O ressurgimento do movimento negro

A luta dos negros brasileiros durante a ditadura pode ser pensada em dois campos que, por sua vez, se conectavam: o cultural e o político.

 

No campo cultural, a valorização do negro dentro da cultura brasileira começou a desenvolver um espaço próprio. As velhas teorias da mestiçagem e a ideologia da “democracia racial” começaram a ser duramente criticadas por intelectuais, artistas e agitadores culturais. No mundo acadêmico, sociólogos como Florestan Fernandes desenvolveram críticas sofisticadas e aprofundadas à ideia de “democracia racial”, demonstrando como os negros foram integrados à sociedade industrial e urbana, com a manutenção da uma situação de dupla exclusão, social e racial.

 

A “consciência negra”, se adensou nos anos 1960 e 1970, influenciada, inclusive, pela luta dos povos africanos contra as suas metrópoles, pela luta contra o apartheid racial na África do Sul e pela luta dos negros estadunidenses por direitos civis. “Black is beatiful” era o lema internacional da época, algo como “Negro é lindo”, em português.

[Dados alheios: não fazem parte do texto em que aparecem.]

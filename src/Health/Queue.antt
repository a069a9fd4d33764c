-- ===== src/Health/Queue.antt =====
-- `QueueHealth` of pkg/controlplane/health.go: the command buffer, seen without its contents.
pub mod Pressure
use tunnel_client.Base.{
  ℕ, ◌+◌, ◌-◌, Bool, true, false, not, ◌&&◌, ◌||◌, Option, none, some, ltb, ◌==◌, if◌then◌else◌, [],
  Bytes, codes, Time, Duration, zero_time, is_zero, since_until, max_duration, Notifier,
  no_notifier, signal,
}
use tunnel_client.Health.{
  status_ok, ComponentSnapshot, queue_details, increment, timestamp, elapsed,
}

pub record QueueHealth : Type 0 where
  pub notifier : Notifier
  pub last_enqueue : Time
  pub last_dequeue : Time
  pub pressure_start : Time
  pub enqueued : ℕ
  pub dequeued : ℕ
  pub pressure : Duration

abbrev pub new_queue_health : QueueHealth
new_queue_health = record {
  notifier = no_notifier;
  last_enqueue = zero_time;
  last_dequeue = zero_time;
  pressure_start = zero_time;
  enqueued = 0;
  dequeued = 0;
  pressure = 0;
}

unfoldable pub enqueue_seen : Time → QueueHealth → QueueHealth
unfolding signal increment
enqueue_seen now s = record s {
  notifier = signal s.notifier;
  last_enqueue = now;
  enqueued = increment s.enqueued;
}

unfoldable pub dequeue_seen : Time → QueueHealth → QueueHealth
unfolding signal increment
dequeue_seen now s = record s {
  notifier = signal s.notifier;
  last_dequeue = now;
  dequeued = increment s.dequeued;
}

-- The sum of two durations, stopped at the largest one.
unfoldable pub add_pressure : Duration → Duration → Duration
add_pressure pressure delta =
    if ltb 0 delta
    then (if ltb (max_duration - pressure) delta then max_duration else pressure + delta)
    else pressure

unfoldable pub backpressure : Time → Bool → QueueHealth → QueueHealth
unfolding signal add_pressure
backpressure now true s =
    if is_zero s.pressure_start
    then record s { notifier = signal s.notifier; pressure_start = now }
    else record s { notifier = signal s.notifier }
backpressure now false s =
    if is_zero s.pressure_start then record s { notifier = signal s.notifier } else record s {
      notifier = signal s.notifier;
      pressure = add_pressure s.pressure (since_until s.pressure_start now);
      pressure_start = zero_time;
    }

-- `depth` and `capacity` are the length and capacity of the channel at this instant.
unfoldable pub snapshot : (depth capacity : ℕ) → Time → QueueHealth → ComponentSnapshot
unfolding timestamp elapsed
snapshot depth capacity now s = record {
  status = status_ok;
  state =
      if (ltb 0 capacity && depth == capacity) || not (is_zero s.pressure_start)
      then codes "backpressured"
      else codes "available";
  reason_code = [];
  observed_at =
      timestamp (if ltb s.last_enqueue s.last_dequeue then s.last_dequeue else s.last_enqueue);
  limited = false;
  details = queue_details (record {
    depth = depth;
    capacity = capacity;
    last_enqueue = timestamp s.last_enqueue;
    last_dequeue = timestamp s.last_dequeue;
    enqueued = s.enqueued;
    dequeued = s.dequeued;
    backpressure = s.pressure + elapsed now s.pressure_start;
  });
}
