-- ===== src/Dispatcher/Listener.antt =====
-- The listener that drains the queue of commands into a pool of workers:
-- pkg/dispatcher/internal/queue_listener.go, with its health attached. An event is one section of the
-- listener's goroutine or of a worker; a list of events is an interleaving. Commands are numbered
-- as they are polled.
pub mod Moved
pub mod Conserved
use tunnel_client.Base.{
  ℕ, zero, suc, ◌+◌, Bool, true, false, not, ◌&&◌, ◌||◌, Option, none, some, List, [], ◌∷◌, ◌++◌,
  if◌then◌else◌, Time, get_elem?,
}
use tunnel_client.ErrorView.{ErrorView}
use tunnel_client.Health.Queue.{QueueHealth, new_queue_health, dequeue_seen}
use tunnel_client.Activity.{
  ActivityHealth, new_activity_health, set_accepting, stopped, begin, finish, WorkOutcome,
  record_work_failure,
}

-- Where the listener's goroutine is: before `Start`; in `select`; with a command that the pool
-- refused, before and during its processing; past the loop, with the pool being released; ended;
-- or gone with the process, after a panic in the processing of its own.
pub data Phase : Type 0 where
  not_started selecting releasing ended crashed : Phase
  refused : (command : ℕ) → Phase
  inline : Phase

-- A call of `processObserved`; `slot` is what `begin` gave it.
pub record Task : Type 0 where
  pub command : ℕ
  pub slot : Option ℕ
  pub is_inline : Bool

-- `submitted` are the tasks of the pool that no worker has begun.
pub record Listener : Type 0 where
  pub queue : List ℕ
  pub closed : Bool
  pub canceled : Bool
  pub phase : Phase
  pub submitted : List ℕ
  pub running : List Task
  pub processed : List ℕ
  pub queue_health : QueueHealth
  pub activity : ActivityHealth

abbrev pub new_listener : (pool_limit : Option ℕ) → Listener
new_listener pool_limit = record {
  queue = [];
  closed = false;
  canceled = false;
  phase = not_started;
  submitted = [];
  running = [];
  processed = [];
  queue_health = new_queue_health;
  activity = new_activity_health pool_limit;
}

pub data Event : Type 0 where
  -- The poller puts a command into the queue, or closes it; the context is canceled.
  offered : (command : ℕ) → Event
  queue_closed : Event
  context_canceled : Event
  starts : Event
  -- `select` takes a command, and the pool takes its task or not.
  takes : Time → (accepted : Bool) → Event
  -- `select` finds the context done, or the queue closed and empty.
  leaves : Event
  -- A worker begins the task at that place; the listener begins the command that was refused.
  task_begins : (place : ℕ) → Time → Event
  inline_begins : Time → Event
  -- The call of `Process` at that place returns, or panics.
  task_ends :
      (place : ℕ)
      → Time
      → (finished : Bool) → Option ErrorView
      → (cause_deadline : Bool) → WorkOutcome
      → Event
  pool_released : Event

abbrev pub drop_at : {A : Type 0} → ℕ → List A → List A
drop_at k [] = []
drop_at zero (x ∷ xs) = xs
drop_at (suc k) (x ∷ xs) = x ∷ drop_at k xs

abbrev phase_after : (accepted : Bool) → (command : ℕ) → Phase
phase_after true command = selecting
phase_after false command = refused command

abbrev submitted_after : (accepted : Bool) → (command : ℕ) → List ℕ → List ℕ
submitted_after true command tasks = tasks ++ (command ∷ [])
submitted_after false command tasks = tasks

unfoldable pub take_command : Time → (accepted : Bool) → List ℕ → Listener → Listener
unfolding dequeue_seen
take_command now accepted [] l = l
take_command now accepted (c ∷ cs) l = record l {
  queue = cs;
  queue_health = dequeue_seen now l.queue_health;
  submitted = submitted_after accepted c l.submitted;
  phase = phase_after accepted c;
}

abbrev pub is_empty_queue : List ℕ → Bool
is_empty_queue [] = true
is_empty_queue (c ∷ cs) = false

-- The deferred calls up to the release of the pool.
unfoldable pub leave_loop : Listener → Listener
unfolding set_accepting
leave_loop l =
    if l.canceled || (l.closed && is_empty_queue l.queue)
    then record l { phase = releasing; activity = set_accepting false l.activity }
    else l

-- `processObserved` up to the call of `Process`.
unfoldable pub begin_task : ℕ → (is_inline : Bool) → Time → Listener → Listener
unfolding begin
begin_task c is_inline now l = record l {
  running =
      record { command = c; slot = (begin now l.activity).0; is_inline = is_inline } ∷ l.running;
  activity = (begin now l.activity).1;
}

unfoldable pub begin_submitted : (place : ℕ) → Option ℕ → Time → Listener → Listener
unfolding begin_task
begin_submitted place none now l = l
begin_submitted place (some c) now l = record (begin_task c false now l) {
  submitted = drop_at place l.submitted;
}

abbrev pub resumed_inline : (finished : Bool) → Phase
resumed_inline true = selecting
resumed_inline false = crashed

-- The listener goes on after a call of its own that returned; a panic, which nothing recovers, ends
-- its goroutine. A worker of the pool survives a panic.
abbrev pub resumed : (is_inline finished : Bool) → Phase → Phase
resumed true finished inline = resumed_inline finished
resumed _ finished p = p

abbrev outcome_of : Option ErrorView → Bool → WorkOutcome → WorkOutcome
unfolding record_work_failure
outcome_of none cause outcome = outcome
outcome_of (some e) cause outcome = record_work_failure e cause 0 outcome

-- The deferred part of `processObserved`.
unfoldable pub end_task :
    (place : ℕ)
    → Option Task
    → Time
    → (finished : Bool) → Option ErrorView
    → Bool
    → WorkOutcome
    → Listener
    → Listener
unfolding finish outcome_of
end_task place none now finished err cause outcome l = l
end_task place (some t) now finished err cause outcome l =
    let o = outcome_of err cause outcome in
    record l {
      running = drop_at place l.running;
      processed = t.command ∷ l.processed;
      phase = resumed t.is_inline finished l.phase;
      activity = finish t.slot now (not finished || o.failed) o.timed_out l.activity;
    }

unfoldable pub start : Phase → Listener → Listener
unfolding set_accepting
start not_started l = record l { phase = selecting; activity = set_accepting true l.activity }
start _ l = l

unfoldable pub take_if : Phase → Time → Bool → Listener → Listener
unfolding take_command
take_if selecting now accepted l = take_command now accepted l.queue l
take_if _ now accepted l = l

unfoldable pub leave_if : Phase → Listener → Listener
unfolding leave_loop
leave_if selecting l = leave_loop l
leave_if _ l = l

unfoldable pub begin_inline : Phase → Time → Listener → Listener
unfolding begin_task
begin_inline (refused c) now l = record (begin_task c true now l) { phase = inline }
begin_inline _ now l = l

unfoldable pub release : Phase → Listener → Listener
unfolding stopped
release releasing l = record l { phase = ended; activity = stopped l.activity }
release _ l = l

-- An event that is not enabled changes nothing.
unfoldable pub step : Event → Listener → Listener
unfolding start take_if leave_if begin_submitted begin_inline end_task release
step (offered c) l = if l.closed then l else record l { queue = l.queue ++ (c ∷ []) }
step queue_closed l = record l { closed = true }
step context_canceled l = record l { canceled = true }
step starts l = start l.phase l
step (takes now accepted) l = take_if l.phase now accepted l
step leaves l = leave_if l.phase l
step (task_begins place now) l = begin_submitted place (get_elem? l.submitted place) now l
step (inline_begins now) l = begin_inline l.phase now l
step (task_ends place now finished err cause outcome) l =
    end_task place (get_elem? l.running place) now finished err cause outcome l
step pool_released l = release l.phase l

unfoldable pub run : List Event → Listener → Listener
unfolding step
run [] l = l
run (e ∷ es) l = run es (step e l)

No final dos anos 1960, a partir das novas posturas do movimento negro dos Estados Unidos, o black power (“poder negro”) se manifestava nos cabelos, nas roupas, nos gestos, manifestando o orgulho pela cor de pele diferente da sociedade WASP (White, Anglo-Saxon, and Protestant – branca, anglo-saxã e protestante), que formava a elite norte-americana.

 

No ano de 1974, na cidade de Salvador, o bloco Ilê Aiyê surgiu com a proposta de celebrar o carnaval sem esquecer o protesto contra o racismo, cantando “É o mundo negro que viemos mostrar a você”. Nas periferias, começou a surgir uma nova consciência entre jovens e adolescentes cujo foco era a valorização da “identidade racial” e a percepção do preconceito explícito ou disfarçado que marcava a sociedade brasileira.

 

No campo político, a novidade dos anos 1970 foi o ressurgimento de um movimento negro altamente politizado e influenciado por ideologias marxistas. Embora os partidos de esquerda sempre tivessem priorizado e luta de classes e não a questão racial, que julgavam derivada da primeira, alguns partidos e grupos marxistas – começavam a inserir a “questão racial” em seus programas, manifestos, resoluções.

 

Repressão aos negros

Documentos confidenciais obtidos no Arquivo Nacional revelam que militares se infiltraram nos grupos, ficharam os líderes e tentaram a todo custo impedir que a luta dos negros crescesse. Segundo os documentos, o movimento negro se configurava um problema porque repudiava o regime, contestava a propaganda oficial de um país sem racismo e encampava a necessidade do restabelecimento da democracia.

 

Durante o regime, 41 líderes negros morreram ou desapareceram após supostas ações militares, segundo dados da Comissão da Verdade de São Paulo.  A repressão a lideranças negras e ao movimento causou a morte e o desaparecimento de nomes importantes na política brasileira, como Carlos Marighella, Helenira Rezende de Souza, Osvaldo Orlando da Costa, conhecido como “Osvaldão”, entre outros. Há ainda relatos por todo o país de centenas de prisões políticas e casos de tortura envolvendo integrantes de lutas contra o racismo.

 

A percepção dos militares de que haveria risco com o movimento negro teve início em meados da década de 1970. No dia 7 de fevereiro de 1975, um primeiro informe expedido pelo Exército foi encaminhado ao SNI (Serviço Nacional de Informações) e ao Dops (Departamento de Ordem Política e Social) com informações de um grupo no Rio de Janeiro “liderado por jovens negros de nível intelectual acima da média”.

 

Em agosto de 1978, um documento da Polícia Federal do Rio Grande do Sul relatava: “Esses movimentos revelam o incremento das tentativas subversivas de exploração de antagonismos raciais em nosso país, merecendo uma observação acurada das infiltrações no movimento ‘black’, tendo em vista que, se porventura houver incitação de ódio ou racismo entre o povo, caberá a Lei de Segurança Nacional”.

 

Movimento espionado

Secreto por muitos anos, um outro documento do Ministério do Exército de outubro de 1979 mostra como os militares infiltraram pessoas dentro do recém-criado MNU (Movimento Negro Unificado). “O método utilizado foi a infiltração em entidades dedicadas ao estudo da cultura negra, por meio de palestras em reuniões e simpósios”, informou.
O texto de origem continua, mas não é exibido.